Andy Jones

Cubic splines

Cubic splines are flexible nonparametric models. Here, we discuss some of the spline fundamentals.


Consider the following regression problem:

\[Y = \Phi(X)\beta + \epsilon\]

where $Y \in \mathbb{R}^n$, $X \in \mathbb{R}^{n}$, and $\Phi(X)$ denotes a basis expansion of $X$. Here, we work with a one-dimensional regression for simplicity, although all ideas will easily extend to multiple dimensions.

In vanilla linear regression, we have $\Phi(X) = X$, that is, there is no basis expansion.

In polynomial regression of order $d$, the basis expansion for the $i$th sample is

\[\phi(x_i) = \begin{bmatrix} 1 & x_i & x_i^2 & x_i^3 & \cdots & x_i^d \end{bmatrix}.\]

The coefficient vector $\beta$ then becomes a vector of length $d+1$, and we can still apply the OLS estimator:

\[\widehat{\beta} = (\Phi(X)^\top \Phi(X))^{-1} \Phi(X)^\top Y.\]

Cubic splines

Cubic splines generalize cubic regression to allow for modeling local regions of the input space differently.
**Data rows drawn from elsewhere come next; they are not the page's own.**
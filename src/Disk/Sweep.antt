-- ===== src/Disk/Sweep.antt =====
-- How far `scan_tick` and `look_tick` of "Disk Scheduling/disksim.c" move the head.
use mathlib.Core.List.{Perm}
use mathlib.Core.List.Perm
use native.Mathlib.Bridge.{le_prop}
use operating_system_basics.Base.{
  ℕ, zero, suc, ◌+◌, ◌-◌, ◌≤◌, ◌<◌, ◌≡◌, ◌≢◌, ◌⊎◌, inl, inr, refl, ap, ◌∙◌, some, List, [], ◌∷◌,
  ◌++◌, arith, All, All-append, ℤ-set, All-perm, if◌then◌else◌, count_if, Perm-count_if,
  count_if-append, ℤ, pos, pos_part, ◌≤ℤ◌, int_laws, eq_of_parts,
}
use operating_system_basics.LinkedList.{ListHead, IsSorted}
use operating_system_basics.Disk.{
  Task, Sim, text, num, truth, scan_compare, scan_tick, look_tick, up_or_down,
}
use operating_system_basics.Disk.Travel.{cylinders, travel}
use operating_system_basics.Disk.Queues.{lowest, highest, requests, seek_total, listing, Prints}
use operating_system_basics.Disk.Outcome.{IsLoaded}
use operating_system_basics.Disk.Ticks.{with_both_ends, scan_tick_lem, look_tick_lem}
use operating_system_basics.Disk.Walk.{at_top, at_bottom}
use operating_system_basics.Disk.Geometry.{IsOnDisk, IsGood, late, coord, coord_of, sweep_travel}

-- From the start to the end that the head moves to first, and over the whole disk to the other.
abbrev pub full_sweep : ℕ → ℤ → ℕ
full_sweep random start =
    (if truth (up_or_down random) then 200 - pos_part start else pos_part start) + 200

up_or_down-cases : (random : ℕ) → (up_or_down random ≡ 0) ⊎ (up_or_down random ≡ 1)
unfolding up_or_down
up_or_down-cases random = omega arith

sweep_total :
    (e : ℕ) (start : ℤ) (order queued : List Task)
    → e ≤ 1
    → IsOnDisk start
    → Perm order queued
    → All (IsGood start) queued
    → IsSorted (scan_compare e) order
    → (travel start (cylinders order) ≤ℤ pos (coord_of e start + 200))
      × (0 < count_if (at_bottom (coord e) (late e)) queued
          → 0 < count_if (at_top (coord e) (late e) 200) queued
          → travel start (cylinders order) ≡ pos (coord_of e start + 200))
sweep_total e start order queued le hs same g sorted = (
  All-perm (IsGood start) le_prop (Perm.symm same) g
      λ good. (sweep_travel e start order le hs good sorted).0,
  λ low high. All-perm (IsGood start) (ℤ-set _ _) (Perm.symm same) g λ good.
      (sweep_travel e start order le hs good sorted).1
        (rw (Perm-count_if (at_bottom (coord e) (late e)) same) low)
        (rw (Perm-count_if (at_top (coord e) (late e) 200) same) high),
)

-- Both ends are in the queue of `scan_tick`.
has_ends :
    (e : ℕ) (start : ℤ) (reqs : List Task)
    → e ≤ 1
    → let queued = (lowest start ∷ reqs) ++ (highest start ∷ []) in
      (0 < count_if (at_bottom (coord e) (late e)) queued)
      × (0 < count_if (at_top (coord e) (late e) 200) queued)
has_ends zero start reqs le = ground (
  arith,
  count_if-append (at_bottom (coord 0) (late 0)) reqs (highest start ∷ []),
  count_if-append (at_top (coord 0) (late 0) 200) reqs (highest start ∷ []),
)
has_ends (suc e) start reqs le = ground (
  arith,
  count_if-append (at_bottom (coord (suc e)) (late (suc e))) reqs (highest start ∷ []),
  count_if-append (at_top (coord (suc e)) (late (suc e)) 200) reqs (highest start ∷ []),
)

ends-IsGood :
    (start : ℤ) (reqs : List Task)
    → IsOnDisk start
    → All (IsGood start) reqs
    → All (IsGood start) ((lowest start ∷ reqs) ++ (highest start ∷ []))
ends-IsGood start reqs hs g =
    All-append (IsGood start) (lowest start ∷ reqs) (highest start ∷ []) (low_good, g)
      (high_good, tt)
  where
    low_good : IsGood start (lowest start)
    low_good = ((omega arith, omega arith), inr (refl, hs.0, eq_of_parts _ _ (omega int_laws)))

    high_good : IsGood start (highest start)
    high_good = ((omega arith, omega arith), inl (refl, hs.1, refl))

coord_of-full_sweep :
    (random : ℕ) (start : ℤ) → coord_of (up_or_down random) start + 200 ≡ full_sweep random start
coord_of-full_sweep random start = elim (up_or_down-cases random) [ inl e ↦ rw e | inr e ↦ rw e ]

up_or_down-le : (random : ℕ) → up_or_down random ≤ 1
unfolding up_or_down
up_or_down-le random = omega arith

module _ (library : ListHead Task) (fresh : Task) (s : Sim library fresh) where
  -- `scan_tick` succeeds and prints a total that does not depend on the requests: the head goes to
  -- the end that the random bit chooses, and from there over the whole disk to the other, if the
  -- trace is loaded and the start and the requests are on the disk.
  pub scan_tick-total :
      (random : ℕ)
      → IsLoaded library fresh s
      → IsOnDisk s.start
      → All (IsGood s.start) (requests library fresh s)
      → (s' : Sim library fresh) × (order : List Task) × (scan_tick library fresh random s
          ≡ some s')
        × Perm order (with_both_ends library fresh s)
        × Prints library fresh "SCAN," (pos (full_sweep random s.start)) order s s'
  scan_tick-total random e hs g =
      let (s', ok, served) = scan_tick_lem library fresh s random e in
      let exact =
        (sweep_total (up_or_down random) s.start served.order _ (up_or_down-le random) hs
          served.same_requests (ends-IsGood s.start _ hs g) served.sorted).1 in
      let (low, high) =
        has_ends (up_or_down random) s.start (requests library fresh s) (up_or_down-le random) in
      let total = exact low high ∙ ap pos (coord_of-full_sweep random s.start) in
      (
        s',
        served.order,
        ok,
        served.same_requests,
        served.printed
            ∙ ap
                (λ t. s.out ++ (text "SCAN," ∷ num t ∷ text "," ∷ listing (cylinders served.order)))
                total,
      )

  -- `look_tick` succeeds and never prints more than `scan_tick` for the same random bit, if the
  -- trace is loaded and has a request, and the start and the requests are on the disk.
  pub look_tick-total :
      (random : ℕ)
      → IsLoaded library fresh s
      → requests library fresh s ≢ []
      → IsOnDisk s.start
      → All (IsGood s.start) (requests library fresh s)
      → (s' : Sim library fresh) × (order : List Task) × (total : ℤ) × (look_tick library fresh
            random s
          ≡ some s')
        × Perm order (requests library fresh s)
        × Prints library fresh "LOOK," total order s s'
        × (total ≡ travel s.start (cylinders order))
        × (total ≤ℤ pos (full_sweep random s.start))
  look_tick-total random e ne hs g =
      let (s', ok, served) = look_tick_lem library fresh s random e ne in
      let bound =
        (sweep_total (up_or_down random) s.start served.order _ (up_or_down-le random) hs
          served.same_requests g served.sorted).0 in
      (
        s',
        served.order,
        seek_total s.start served.order,
        ok,
        served.same_requests,
        served.printed,
        refl,
        omega (arith, bound, coord_of-full_sweep random s.start),
      )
Specifically, the approach is to choose $k$ thresholds (often called “knots”) $\tau_1, \dots, \tau_k$ and split up the input space into $k+1$ intervals based on these thresholds:

\[(-\infty, \tau_1], (\tau_1, \tau_2], (\tau_2, \tau_3], \cdots, (\tau_k, \infty).\]

Within each of these intervals, we fit a local (cubic) polynomial subject to constraints of continuity and smoothness between intervals.

The basis expansion then becomes

\[\phi(x_i) = \begin{bmatrix} 1 & x_i & x_i^2 & x_i^3 & (x_i - \tau_1)_+^3 & (x_i - \tau_2)_+^3 & \cdots & (x_i - \tau_k)_+^3 \end{bmatrix}.\]

Smoothing cubic splines

In general, choosing the locations of the knots is a difficult problem. Smoothing splines avoid having to make these choices by placing a knot on each data point, i.e., $k=n$ and $\tau_1=x_1, \tau_2=x_2, \dots, \tau_n=x_n$.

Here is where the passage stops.